On 24th March 1932, the newly formed Bury St Edmunds Bach Choir joined forces with the Bach Choir of Ipswich to perform its first concert - Bach's St Matthew Passion - in St Mary's Church, Bury St Edmunds. Percy Hallam, the founder and conductor of the choir, had recruited the choir members from the best singers in the Musical Society. Percy Hallam was the organist at St Mary's at that time although he was later to become Cathedral organist.
The Soloists for that inaugural concert were: Mabel Richie – Soprano; Tessa Richardson – Contralto; Geoffrey Dunn – Tenor; and Frederick Woodhouse – Bass. Mabel Richie, Geoffrey Dunn and Frederick Woodhouse all performed in Intimate Opera around the country, working with Percy Hallam and performing at the Athenaeum when in the Bury St Edmunds area. Mabel Richie (as Margaret Richie) was well known in Oratorio and as a recitalist, who in her retirement turned to teaching and held a Summer School in Oxford for a number of years.
Each of the Soloists was paid five guineas and the organist Mr. G. C. Gray received four guineas. The Bury members of the Choir paid seven shillings to provide refreshments for their colleagues from Ipswich, and they also made donations to the Cathedral staff amounting to three pounds two shillings. The income from the audience of slightly less than three hundred, who each paid one shilling and sixpence, failed to cover the concert expenses, and the need for sponsorship was felt from the start, if the choir was to achieve its aim of 'performing the best music in the best possible way'. A note in the concert programme thanking those who had subscribed towards the expenses 'ventured to express the hope that many more of the musical public would become regular patrons' – a hope that is still with the Choir today.
Percy Hallam rehearsed both choirs separately for a number of years, combining them for all of their major concerts performed in Bury or at St. Mary-le-Tower in Ipswich. The combined choirs also performed several times at Ely Cathedral. All of these early concerts were given with organ accompaniment until in 1935, as a result of their growing reputation, the combined choirs were invited to sing the St. Matthew Passion at St Martin-in-the-Fields as part of the celebration of the 250th anniversary of the birth of Bach, where they were accompanied by an orchestra for the first time.

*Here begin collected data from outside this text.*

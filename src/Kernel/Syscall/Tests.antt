-- ===== src/Kernel/Syscall/Tests.antt =====
-- Runs of the calls that read arguments, for a process of 64 bytes whose stack pointer is at 8.
use linda.Base.{
  ℕ, ◌+◌, ◌^◌, ◌≤◌, ◌<◌, ◌≡◌, refl, some, arith, ◌==◌, if◌then◌else◌, [], ◌∷◌, false, true, pos, ok,
  panic, overrun, ◌>>=◌,
}
use linda.Drivers.Console.{Console, console_write}
use linda.Drivers.Console.Cursor.{IsCursor}
use linda.Drivers.Console.Write.{IsFree, Written}
use linda.Kprintf.Convert.{read_chars}
use linda.Kernel.Syscall.Print.{
  System, syscall, too_long, printed, result, IsPlain, syscall-Written,
}
use linda.Kernel.Syscall.{Caller, fetch_str, argint, argptr, argstr}
use linda.Kernel.Syscall.Fetch.{argptr_in_process}

-- The first argument, at 12, is 32, where the string "hi" lies.
abbrev memory : ℕ → ℕ
memory a = if a == 12 then 32 else if a == 32 then 104 else if a == 33 then 105 else 0

abbrev proc : Caller
proc = record { size = 64; esp = 8; eax = 30; mem = memory }

fetch_str_run : fetch_str 32 proc ≡ some (32, 2)
unfolding fetch_str
fetch_str_run = refl

argptr_run : argptr 0 8 proc ≡ some 32
unfolding argptr
argptr_run = refl

argstr_run : argstr 0 proc ≡ some (32, 2)
unfolding argstr
argstr_run = refl

argptr_in_process_example : (argint 0 proc ≡ some 32) × (8 < 2 ^ 31) × (32 < 64) × (32 + 8 ≤ 64)
argptr_in_process_example = argptr_in_process 0 8 32 proc (omega arith) argptr_run

-- The same process asks for "hi" to be printed.
abbrev printing : Caller
printing = record proc { eax = 22 }

abbrev screen : Console
screen = record {
  console_y = 0;
  console_x = pos 0;
  console_fb = λ _. 0;
  cons = record { locked = 0 };
  cpu = record { ncli = 0; intena = false; iflag = true };
  out = [];
}

hi_printed : printed printing (argstr 0 printing) ≡ b'h' ∷ b'i' ∷ []
unfolding argstr read_chars
hi_printed = refl

hi-IsPlain : IsPlain printing (argstr 0 printing)
unfolding argstr read_chars
hi-IsPlain = omega arith

screen-IsFree : IsFree screen
screen-IsFree = record { unlocked = refl; masked = record { masked = λ h. absurd (h refl) } }

screen-IsCursor : IsCursor screen
screen-IsCursor = record { row = omega arith; left = omega arith; right = omega arith }

abbrev others : ℕ → System
others addr caller s = panic

syscall-Written_example :
    (syscall 500 (λ _. 7) others (λ _. 0) 1 0 printing screen ≡ (
      if too_long (argstr 0 printing)
      then overrun
      else console_write (printed printing (argstr 0 printing)) screen >>= λ s'.
          ok (record printing { eax = result (argstr 0 printing) }, s')))
    × Written screen (console_write (printed printing (argstr 0 printing)) screen)
syscall-Written_example =
    syscall-Written 500 (λ _. 7) others (λ _. 0) 1 0 printing screen (omega arith) refl hi-IsPlain
      screen-IsFree screen-IsCursor
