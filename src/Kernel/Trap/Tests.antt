-- ===== src/Kernel/Trap/Tests.antt =====
-- Runs of the dispatcher. A handler is a number.
use linda.Base.{ℕ, ◌≡◌, refl, List, [], ◌∷◌, some, none, ok, ◌==◌, if◌then◌else◌}
use linda.Kernel.Trap.{Traps, no_gate, put, register_trap_handler, interrupt_handler_dispatcher}

abbrev traps : Traps ℕ
traps = record {
  idt = λ _. no_gate;
  trap_handlers = λ n. if n == 14 then some 7 else none;
  idtr = record { size = 0; low = 0; high = 0 };
  outs = [];
}

abbrev with_clock : Traps ℕ
with_clock = record traps { trap_handlers = put 32 (some 9) traps.trap_handlers }

register_run : register_trap_handler 32 9 traps ≡ ok with_clock
unfolding register_trap_handler
register_run = refl

clock_run :
    interrupt_handler_dispatcher 32 with_clock
    ≡ ok (some 9, record with_clock { outs = (0x20, 0x20) ∷ [] })
unfolding interrupt_handler_dispatcher
clock_run = refl

abbrev acknowledged : List (ℕ × ℕ)
acknowledged = (0x20, 0x20) ∷ []
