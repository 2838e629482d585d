-- ===== src/Kprintf/Boot.antt =====
-- init_glb_mboot, show_welcome_msg and show_kernel_info (init/bootstrap.c): what kern_bootstrap prints
-- first. `words` is what lies behind the arguments on the stack, `mem` the memory, and `none` the NULL of
-- glb_mboot_ptr.
pub mod Texts
pub mod Messages
mod Tests
use linda.Base.{
  ℕ, ◌≡◌, refl, List, [], ◌∷◌, Option, none, some, ◌==◌, if◌then◌else◌, Outcome, ok, panic, hang,
  ◌>>=◌, pos, arith, length, subst, sym,
}
use linda.Drivers.Console.{Console, console_init}
use linda.Drivers.Console.Cursor.{IsCursor}
use linda.Drivers.Console.Write.{IsFree, Written, NoBackspace}
use linda.Kprintf.Convert.{Printer}
use linda.Kprintf.Format.{vsprintf, kprintf}

abbrev pub multiboot_bootloader_magic : ℕ
multiboot_bootloader_magic = 0x2BAD_B002

abbrev pub invalid_multiboot : List ℕ
invalid_multiboot =
    b'I' ∷ b't' ∷ b'`' ∷ b's' ∷ b' ' ∷ b'n' ∷ b'o' ∷ b't' ∷ b' ' ∷ b'a' ∷ b' ' ∷ b'v' ∷ b'a' ∷ b'l'
    ∷ b'i' ∷ b'd' ∷ b' ' ∷ b'm' ∷ b'u' ∷ b'l' ∷ b't' ∷ b'i' ∷ b'b' ∷ b'o' ∷ b'o' ∷ b't' ∷ b'!'
    ∷ b' ' ∷ b'M' ∷ b'a' ∷ b'g' ∷ b'i' ∷ b'c' ∷ b' ' ∷ b'N' ∷ b'u' ∷ b'm' ∷ b'b' ∷ b'e' ∷ b'r'
    ∷ b'=' ∷ b' ' ∷ b'%' ∷ b'#' ∷ b'x' ∷ 10 ∷ []

abbrev pub hello : List ℕ
hello =
    b'H' ∷ b'e' ∷ b'l' ∷ b'l' ∷ b'o' ∷ b' ' ∷ b'W' ∷ b'o' ∷ b'r' ∷ b'l' ∷ b'd' ∷ b'!' ∷ b' ' ∷ b'T'
    ∷ b'h' ∷ b'i' ∷ b's' ∷ b' ' ∷ b'L' ∷ b'i' ∷ b'n' ∷ b'd' ∷ b'a' ∷ b'!' ∷ 10 ∷ []

abbrev pub have_fun : List ℕ
have_fun =
    b'H' ∷ b'o' ∷ b'p' ∷ b'e' ∷ b' ' ∷ b'y' ∷ b'o' ∷ b'u' ∷ b' ' ∷ b'h' ∷ b'a' ∷ b'v' ∷ b'e' ∷ b' '
    ∷ b'f' ∷ b'u' ∷ b'n' ∷ b' ' ∷ b'b' ∷ b'y' ∷ b' ' ∷ b'u' ∷ b's' ∷ b'i' ∷ b'n' ∷ b'g' ∷ b' '
    ∷ b'L' ∷ b'i' ∷ b'n' ∷ b'd' ∷ b'a' ∷ b'!' ∷ 10 ∷ []

abbrev pub kernel_info : List ℕ
kernel_info =
    b'k' ∷ b'e' ∷ b'r' ∷ b'n' ∷ b'e' ∷ b'l' ∷ b'_' ∷ b's' ∷ b't' ∷ b'a' ∷ b'r' ∷ b't' ∷ b'_' ∷ b'a'
    ∷ b'd' ∷ b'd' ∷ b'r' ∷ b':' ∷ b'0' ∷ b'x' ∷ b'%' ∷ b'X' ∷ b',' ∷ b' ' ∷ b'k' ∷ b'e' ∷ b'r'
    ∷ b'n' ∷ b'e' ∷ b'l' ∷ b'_' ∷ b'e' ∷ b'n' ∷ b'd' ∷ b'_' ∷ b'a' ∷ b'd' ∷ b'd' ∷ b'r' ∷ b':'
    ∷ b'0' ∷ b'x' ∷ b'%' ∷ b'X' ∷ 10 ∷ []

pub record Bootstrap : Type 0 where
  pub glb_mboot_ptr : Option ℕ
  pub console : Console

-- Two arguments at the front of the stack.
abbrev pub arguments : ℕ → ℕ → (ℕ → ℕ) → ℕ → ℕ
arguments a b words i = if i == 0 then a else if i == 1 then b else words i

unfoldable pub init_glb_mboot : ℕ → ℕ → (ℕ → ℕ) → (ℕ → ℕ) → Bootstrap → Outcome (ℕ × Bootstrap)
unfolding kprintf
init_glb_mboot magic_num mboot_info words mem s =
    if magic_num == multiboot_bootloader_magic
    then ok (1, record s { glb_mboot_ptr = some mboot_info })
    else kprintf invalid_multiboot (arguments magic_num mboot_info words) mem s.console
      >>= λ (_, c). ok (0, record s { console = c })

unfoldable pub show_welcome_msg : (ℕ → ℕ) → (ℕ → ℕ) → Console → Outcome Console
unfolding kprintf
show_welcome_msg words mem s =
    kprintf hello words mem s >>= λ (_, s'). kprintf have_fun words mem s' >>= λ (_, s''). ok s''

unfoldable pub show_kernel_info : ℕ → ℕ → (ℕ → ℕ) → (ℕ → ℕ) → Console → Outcome Console
unfolding kprintf
show_kernel_info kern_start kern_end words mem s =
    kprintf kernel_info (arguments kern_start kern_end words) mem s >>= λ (_, s'). ok s'

-- The first four calls of kern_bootstrap.
unfoldable pub boot_messages : ℕ → ℕ → ℕ → ℕ → (ℕ → ℕ) → (ℕ → ℕ) → Bootstrap → Outcome Bootstrap
unfolding init_glb_mboot console_init show_welcome_msg show_kernel_info
boot_messages magic_num mboot_info kern_start kern_end words mem s =
    init_glb_mboot magic_num mboot_info words mem s >>= λ (_, t).
    show_welcome_msg words mem (console_init t.console) >>= λ c.
    show_kernel_info kern_start kern_end words mem c >>= λ c'. ok (record t { console = c' })
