-- ===== src/Kprintf/Clean.antt =====
-- number (lib/kprintf.c) never writes a backspace.
use linda.Base.{ℕ, zero, suc, ◌≢◌, Bool, true, false, List, [], ◌∷◌, ◌++◌, arith, ℤ, if◌then◌else◌}
use linda.Drivers.Console.Write.{NoBackspace}
use linda.Kprintf.{
  Flags, digits_of, digit_char, from_top, repeat, sign_of, prefix_of, layout, number_text,
}

pub NoBackspace-append : (xs ys : List ℕ) → NoBackspace xs → NoBackspace ys → NoBackspace (xs ++ ys)
NoBackspace-append [] ys h k = k
NoBackspace-append (a ∷ xs) ys (h, hs) k = (h, NoBackspace-append xs ys hs k)

NoBackspace-repeat : (c n : ℕ) → c ≢ 8 → NoBackspace (repeat c n)
unfolding repeat
NoBackspace-repeat c zero h = tt
NoBackspace-repeat c (suc n) h = (h, NoBackspace-repeat c n h)

digit_char-NoBackspace : (large : Bool) (d : ℕ) → digit_char large d ≢ 8
unfolding digit_char
digit_char-NoBackspace large d = ground arith

NoBackspace-from_top : (large : Bool) (ds : List ℕ) → NoBackspace (from_top large ds)
unfolding from_top
NoBackspace-from_top large [] = tt
NoBackspace-from_top large (d ∷ ds) =
    NoBackspace-append (from_top large ds) (digit_char large d ∷ []) (NoBackspace-from_top large ds)
      (digit_char-NoBackspace large d, tt)

NoBackspace-sign_of : (num : ℕ) (type : Flags) → NoBackspace (sign_of num type).0
unfolding sign_of
NoBackspace-sign_of num type = ground arith

NoBackspace-prefix_of : (base : ℕ) (type : Flags) → NoBackspace (prefix_of base type)
unfolding prefix_of
NoBackspace-prefix_of base type = ground arith

NoBackspace-if :
    (b : Bool) (xs ys : List ℕ)
    → NoBackspace xs
    → NoBackspace ys
    → NoBackspace (if b then xs else ys)
NoBackspace-if true xs ys h k = h
NoBackspace-if false xs ys h k = k

-- The pieces of a layout, in order.
NoBackspace-pieces :
    (a b c d e f g : List ℕ)
    → NoBackspace a
    → NoBackspace b
    → NoBackspace c
    → NoBackspace d
    → NoBackspace e
    → NoBackspace f
    → NoBackspace g
    → NoBackspace (a ++ b ++ c ++ d ++ e ++ f ++ g)
NoBackspace-pieces a b c d e f g ha hb hc hd he hf hg =
    NoBackspace-append (a ++ b ++ c ++ d ++ e ++ f) g
      (NoBackspace-append (a ++ b ++ c ++ d ++ e) f
        (NoBackspace-append (a ++ b ++ c ++ d) e
          (NoBackspace-append (a ++ b ++ c) d
            (NoBackspace-append (a ++ b) c (NoBackspace-append a b ha hb) hc) hd)
          he)
        hf)
      hg

NoBackspace-layout :
    (type : Flags) (size : ℤ) (precision : ℕ) (sign prefix digits : List ℕ)
    → NoBackspace sign
    → NoBackspace prefix
    → NoBackspace digits
    → NoBackspace (layout type size precision sign prefix digits)
unfolding layout
NoBackspace-layout type size precision sign prefix digits s p d =
    NoBackspace-pieces _ sign prefix _ _ digits _
      (NoBackspace-if _ _ [] (NoBackspace-repeat _ _ (omega arith)) tt) s p
      (NoBackspace-if _ [] _ tt (NoBackspace-repeat _ _ (ground arith)))
      (NoBackspace-repeat _ _ (omega arith)) d (NoBackspace-repeat _ _ (omega arith))

pub NoBackspace-number_text :
    (num base : ℕ) (size precision : ℤ) (type : Flags)
    → NoBackspace (number_text num base size precision type)
unfolding number_text
NoBackspace-number_text num base size precision type =
    NoBackspace-layout type _ _ _ _ _ (NoBackspace-sign_of num type)
      (NoBackspace-prefix_of base type)
      (NoBackspace-from_top type.large (digits_of base (sign_of num type).1))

This performance was said to be "the first appearance of this kind of any East Anglian choir in London". The performance was deemed by the press to be "Entirely worthy of what Sir Edward Elgar called the noblest sacred work in existence".

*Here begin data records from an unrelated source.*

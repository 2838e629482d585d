-- ===== src/Kprintf/Boot/Texts.antt =====
-- What vsprintf makes of the messages of init/bootstrap.c.
use linda.Base.{
  length-append, length, ◌+◌, ◌<◌, ℕ, ◌≡◌, refl, true, List, [], ◌∷◌, ◌++◌, some, negsuc, arith,
}
use linda.Drivers.Console.Write.{NoBackspace}
use linda.Kprintf.{no_flags, number_text}
use linda.Kprintf.Convert.{integer_arg, integer_format, convert}
use linda.Kprintf.Spec.{read_spec, take_qualifier}
use linda.Kprintf.Number.{number_text_short}
use linda.Kprintf.Format.{buf_size, vsprintf, conversion, format}
use linda.Kprintf.Clean.{NoBackspace-append, NoBackspace-number_text}
use linda.Kprintf.Boot.{invalid_multiboot, hello, have_fun, kernel_info}

-- `text` behind what is in the buffer, one character at a time.
abbrev behind : List ℕ → List ℕ → List ℕ
behind out [] = out
behind out (c ∷ text) = behind (out ++ c ∷ []) text

length-behind : (out text : List ℕ) → length (behind out text) ≡ length out + length text
length-behind out [] = omega arith
length-behind out (c ∷ text) =
    omega (arith, length-behind (out ++ c ∷ []) text, length-append {0} out (c ∷ []))

NoBackspace-behind :
    (out text : List ℕ) → NoBackspace out → NoBackspace text → NoBackspace (behind out text)
NoBackspace-behind out [] h k = h
NoBackspace-behind out (c ∷ text) h (k, ks) =
    NoBackspace-behind (out ++ c ∷ []) text (NoBackspace-append out (c ∷ []) h (k, tt)) ks

abbrev pub magic_text : List ℕ
magic_text =
    b'I' ∷ b't' ∷ b'`' ∷ b's' ∷ b' ' ∷ b'n' ∷ b'o' ∷ b't' ∷ b' ' ∷ b'a' ∷ b' ' ∷ b'v' ∷ b'a' ∷ b'l'
    ∷ b'i' ∷ b'd' ∷ b' ' ∷ b'm' ∷ b'u' ∷ b'l' ∷ b't' ∷ b'i' ∷ b'b' ∷ b'o' ∷ b'o' ∷ b't' ∷ b'!'
    ∷ b' ' ∷ b'M' ∷ b'a' ∷ b'g' ∷ b'i' ∷ b'c' ∷ b' ' ∷ b'N' ∷ b'u' ∷ b'm' ∷ b'b' ∷ b'e' ∷ b'r'
    ∷ b'=' ∷ b' ' ∷ []

abbrev start_text : List ℕ
start_text =
    b'k' ∷ b'e' ∷ b'r' ∷ b'n' ∷ b'e' ∷ b'l' ∷ b'_' ∷ b's' ∷ b't' ∷ b'a' ∷ b'r' ∷ b't' ∷ b'_' ∷ b'a'
    ∷ b'd' ∷ b'd' ∷ b'r' ∷ b':' ∷ b'0' ∷ b'x' ∷ []

abbrev end_text : List ℕ
end_text =
    b',' ∷ b' ' ∷ b'k' ∷ b'e' ∷ b'r' ∷ b'n' ∷ b'e' ∷ b'l' ∷ b'_' ∷ b'e' ∷ b'n' ∷ b'd' ∷ b'_' ∷ b'a'
    ∷ b'd' ∷ b'd' ∷ b'r' ∷ b':' ∷ b'0' ∷ b'x' ∷ []

pub invalid_multiboot_lem :
    (words mem : ℕ → ℕ)
    → vsprintf invalid_multiboot words mem
      ≡ some (record {
        out =
            magic_text
            ++ number_text (words 0) 16 (negsuc 0) (negsuc 0) (record no_flags { special = true })
            ++ 10 ∷ [];
        arg = 1;
        mem = mem;
      })
unfolding vsprintf format conversion read_spec take_qualifier convert integer_arg integer_format
invalid_multiboot_lem words mem = refl

abbrev address_text : ℕ → List ℕ
address_text w = number_text w 16 (negsuc 0) (negsuc 0) (record no_flags { large = true })

pub kernel_info_lem :
    (words mem : ℕ → ℕ)
    → vsprintf kernel_info words mem
      ≡ some (record {
        out =
            behind
              (behind (start_text ++ address_text (words 0)) end_text ++ address_text (words 1))
              (10 ∷ []);
        arg = 2;
        mem = mem;
      })
unfolding vsprintf format conversion read_spec take_qualifier convert integer_arg integer_format
kernel_info_lem words mem = refl

pub hello_lem :
    (words mem : ℕ → ℕ)
    → (vsprintf hello words mem ≡ some (record { out = hello; arg = 0; mem = mem }))
      × (vsprintf have_fun words mem ≡ some (record { out = have_fun; arg = 0; mem = mem }))
unfolding vsprintf format
hello_lem words mem = (refl, refl)

pub literals :
    NoBackspace hello
    × NoBackspace have_fun
    × NoBackspace magic_text
    × NoBackspace start_text
    × NoBackspace end_text
literals = (ground arith, ground arith, ground arith, ground arith, ground arith)

address_text-NoBackspace : (w : ℕ) → NoBackspace (address_text w)
address_text-NoBackspace w = NoBackspace-number_text w 16 _ _ _

pub NoBackspace-addresses :
    (a b : ℕ)
    → NoBackspace
        (behind (behind (start_text ++ address_text a) end_text ++ address_text b) (10 ∷ []))
NoBackspace-addresses a b =
    let start =
      NoBackspace-append start_text (address_text a) literals.3 (address_text-NoBackspace a) in
    let between = behind (start_text ++ address_text a) end_text in
    let both =
      NoBackspace-append between (address_text b)
        (NoBackspace-behind (start_text ++ address_text a) end_text start literals.4)
        (address_text-NoBackspace b) in
    NoBackspace-behind (between ++ address_text b) (10 ∷ []) both (omega arith, tt)

-- The messages fit into the buffer of kprintf.
pub invalid_multiboot_fits :
    (w : ℕ)
    → length (
        magic_text
        ++ number_text w 16 (negsuc 0) (negsuc 0) (record no_flags { special = true })
        ++ 10 ∷ [])
      < buf_size
invalid_multiboot_fits w =
    let number = number_text w 16 (negsuc 0) (negsuc 0) (record no_flags { special = true }) in
    omega (
      arith,
      length-append {0} (magic_text ++ number) (10 ∷ []),
      length-append {0} magic_text number,
      number_text_short w 16 (record no_flags { special = true }),
    )

pub addresses_fit :
    (a b : ℕ)
    → length (behind (behind (start_text ++ address_text a) end_text ++ address_text b) (10 ∷ []))
      < buf_size
addresses_fit a b =
    let between = behind (start_text ++ address_text a) end_text in
    omega (
      arith,
      length-behind (between ++ address_text b) (10 ∷ []),
      length-append {0} between (address_text b),
      length-behind (start_text ++ address_text a) end_text,
      length-append {0} start_text (address_text a),
      number_text_short a 16 (record no_flags { large = true }),
      number_text_short b 16 (record no_flags { large = true }),
    )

For some fifteen years, the choirs confined themselves almost exclusively to Bach's St John and St Matthew Passions, the Mass in B minor, and Handel's Messiah, with five performances of Brahms's Requiem by the Bury Bach Choir on its own. In 1948 the mould began to break, when in a joint concert in Ipswich, the choirs performed Britten's Rejoice in the Lamb and Brahms's Song of Destiny under the baton of Reginald Jacques with the Jaques orchestra. Thereafter, their repertoire continued to expand with works by Brahms, Britten, Holst, Mozart and Vaughan Williams, and in 1951 Sir Peter Pears sang - the first of many appearances with the choirs - in a performance of Britten's St Nicolas.
In April 1957, Percy Hallam conducted the combined choirs in a performance of the Mass in B minor with the Riddick Orchestra. This was to be his last concert with the choirs, as he fell ill shortly afterwards and died in October of the same year. Percy Hallam was mourned as a fine musician and a choirmaster much loved by the singers that he had led for twenty-six years.